In a game of n people, each person is asked to select two other players. No player knows whether or not they've been selected. What is the probability that at least one person is not selected by anyone?

What we've got so far:

For n=3 players, it is impossible for anyone to be left out.

For n=4 players, the probability that one player is left out is $\displaystyle \frac{12}{81} = \frac{4}{27}$.
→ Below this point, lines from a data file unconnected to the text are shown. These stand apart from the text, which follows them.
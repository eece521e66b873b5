-- ===== src/Intake/Window.antt =====
-- apps/api/src/domain/edgeEnvelope.ts: the window of time in which an event is taken.
use trinetra_systems.Common.{ℕ, ◌+◌, ltb, not, includes, Option, none, some, String, if◌then◌else◌}
use trinetra_systems.Intake.{device_type_eq, expected_device_types, Envelope}

abbrev pub max_event_age_ms : ℕ
max_event_age_ms = 604800000

abbrev pub max_sync_event_age_ms : ℕ
max_sync_event_age_ms = 2592000000

abbrev pub max_future_skew_ms : ℕ
max_future_skew_ms = 600000

-- `parseEdgeEventEnvelope` on a body whose entries have the right form: `none` is success.
unfoldable pub envelope_error : ℕ → ℕ → Envelope → Option String
envelope_error now max_age e =
    if not (includes (expected_device_types e.event_type) e.device_type)
    then some "Event type does not match the registered device type"
    else if ltb (e.timestamp + max_age) now
    then some "Event timestamp is too old"
    else if ltb (now + max_future_skew_ms) e.timestamp
    then some "Event timestamp is in the future"
    else none
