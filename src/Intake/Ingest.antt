-- ===== src/Intake/Ingest.antt =====
-- apps/api/src/modules/edge/ingest.ts: an event that a gateway reports is checked, stored, processed
-- once and marked as processed. No two requests run at the same time.
use trinetra_systems.Common.{
  ℕ, find, includes, string_eq, Bool, true, false, not, ◌&&◌, ◌||◌, List, [], ◌∷◌, ◌++◌, map,
  Option, none, some, String, ◌==◌, ◌!=◌, if◌then◌else◌,
}
use trinetra_systems.Intake.{
  device_type_eq, expected_device_types, Envelope, Gateway, Device, IngestStatus, ingest_status_eq,
  IngestedEvent, IntakeAction, Db, Failure, Attempt, done, threw, Handlers,
}
use trinetra_systems.Intake.Window.{max_event_age_ms, envelope_error}

unfoldable pub find_ingested : String → List IngestedEvent → Option IngestedEvent
find_ingested id = find (λ (r : IngestedEvent). r.event_id == id)

abbrev pub is_settled : IngestedEvent → Bool
is_settled r = r.status == IngestStatus.processed || r.status == IngestStatus.rejected

unfoldable pub update_ingested :
    String → (IngestedEvent → IngestedEvent) → List IngestedEvent → List IngestedEvent
update_ingested id change = map (λ (r : IngestedEvent). if r.event_id == id then change r else r)

abbrev pub new_ingested : String → String → IngestStatus → IngestedEvent
new_ingested id gateway_id status = record {
  event_id = id;
  gateway_id = gateway_id;
  status = status;
  weighment_id = none;
  priority = none;
  local_transaction_id = none;
  payload_hash = none;
  ack_status = none;
}

abbrev pub as_processed : Option String → IngestedEvent → IngestedEvent
as_processed weighment r = record r { status = IngestStatus.processed; weighment_id = weighment }

abbrev pub is_device_of : Gateway → Envelope → Device → Bool
is_device_of gateway e d =
    d.id == e.device_id
    && d.gateway_id == gateway.id
    && d.organization_id == gateway.organization_id

module _ {ℓ} {C : Type ℓ} where
  abbrev pub with_ingested : List IngestedEvent → Db C → Db C
  with_ingested rows db = record db { ingested = rows }

  abbrev pub with_core : C → Db C → Db C
  with_core core db = record db { core = core }

  abbrev pub audited : IntakeAction → String → Db C → Db C
  audited action id db = record db { audit = db.audit ++ (action, id) ∷ [] }

  unfoldable pub device_refusal : Gateway → Envelope → Db C → Option Failure
  device_refusal gateway e db = elim (find (is_device_of gateway e) db.devices) [
    | none ↦ some (Failure.http 403 "Device does not belong to this gateway")
    | some d ↦
        if d.site_id != gateway.site_id
        then some (Failure.http 403 "Device site does not match the registered gateway")
        else if not d.enabled
        then some (Failure.http 409 "Device is disabled")
        else if not (includes (expected_device_types e.event_type) d.device_type)
        then some (Failure.http 400 "Event type does not match the registered device type")
        else none
  ]

  unfoldable pub settle : Envelope → Option String → Db C → Db C
  settle e weighment db =
      audited IntakeAction.event_ingested e.event_id
        (with_ingested (update_ingested e.event_id (as_processed weighment) db.ingested) db)

  abbrev pub processed_with :
      Envelope → Db C → Attempt (Option String) → Db C × Attempt (Option String × Bool)
  processed_with e db result = elim result [
    | threw f ↦ (db, Attempt.threw f)
    | done weighment ↦ (settle e weighment db, Attempt.done (weighment, false))
  ]

  unfoldable pub process : Handlers C → Envelope → Db C → Db C × Attempt (Option String × Bool)
  process h e db =
      let (core, result) = h.process_envelope e db.core in
      processed_with e (with_core core db) result

  abbrev pub add_received : Gateway → Envelope → Db C → Db C
  add_received gateway e db =
      with_ingested (db.ingested ++ new_ingested e.event_id gateway.id IngestStatus.received ∷ [])
        db

  abbrev pub with_device :
      Handlers C
      → Gateway
      → Envelope
      → Bool
      → Db C
      → Option Failure
      → Db C × Attempt (Option String × Bool)
  with_device h gateway e known db (some f) = (db, Attempt.threw f)
  with_device h gateway e known db none =
      process h e (if known then db else add_received gateway e db)

  unfoldable pub process_checked :
      Handlers C → Gateway → Envelope → Bool → Db C → Db C × Attempt (Option String × Bool)
  process_checked h gateway e known db =
      with_device h gateway e known db (device_refusal gateway e db)

  abbrev pub with_known :
      Handlers C
      → Gateway
      → Envelope
      → Db C
      → Option IngestedEvent
      → Db C × Attempt (Option String × Bool)
  with_known h gateway e db none = process_checked h gateway e false db
  with_known h gateway e db (some row) =
      if row.gateway_id != gateway.id
      then (db, Attempt.threw (Failure.http 409 "Event ID is already used by another gateway"))
      else if is_settled row
      then (
        audited IntakeAction.event_duplicate row.event_id db,
        Attempt.done (row.weighment_id, true),
      )
      else process_checked h gateway e true db

  abbrev pub with_envelope :
      Handlers C → Gateway → Envelope → Db C → Option String → Db C × Attempt (Option String × Bool)
  with_envelope h gateway e db (some message) = (db, Attempt.threw (Failure.http 400 message))
  with_envelope h gateway e db none =
      if e.gateway_id != gateway.id
      then (
        db,
        Attempt.threw (Failure.http 403 "Event gateway does not match the authenticated gateway"),
      )
      else with_known h gateway e db (find_ingested e.event_id db.ingested)

  unfoldable pub ingest_gateway_event :
      Handlers C → Gateway → ℕ → Envelope → Db C → Db C × Attempt (Option String × Bool)
  ingest_gateway_event h gateway now e db =
      with_envelope h gateway e db (envelope_error now max_event_age_ms e)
For n=5 players, the probability that one player is left out is $\displaystyle \frac{2340}{7776} = \frac{65}{216}$.

For n=5 players, the probability that two players are left out is $\displaystyle \frac{90}{7776} = \frac{5}{432}$.

For n=5 players, the overall probability that someone is left out is $\displaystyle \frac{2430}{7776} = \frac{5}{16}$.

For n=6 players, the probability that one player is left out is $\displaystyle \frac{380700}{1000000} = \frac{3807}{10000}$.

For n=6 players, the probability that two players are left out is $\displaystyle \frac{42120}{1000000} = \frac{1053}{25000}$.

For n=6 players, the probability that three players are left out is $\displaystyle \frac{540}{1000000} = \frac{27}{50000}$.

For n=6 players, the overall probability that someone is left out is $\displaystyle \frac{423360}{1000000} = \frac{1323}{3125}$.

For n players, the denominator will be $\displaystyle \binom{n-1}{2}^n$.

Any thoughts on how to generalize this, or any similar problems we could relate this back to? Thanks!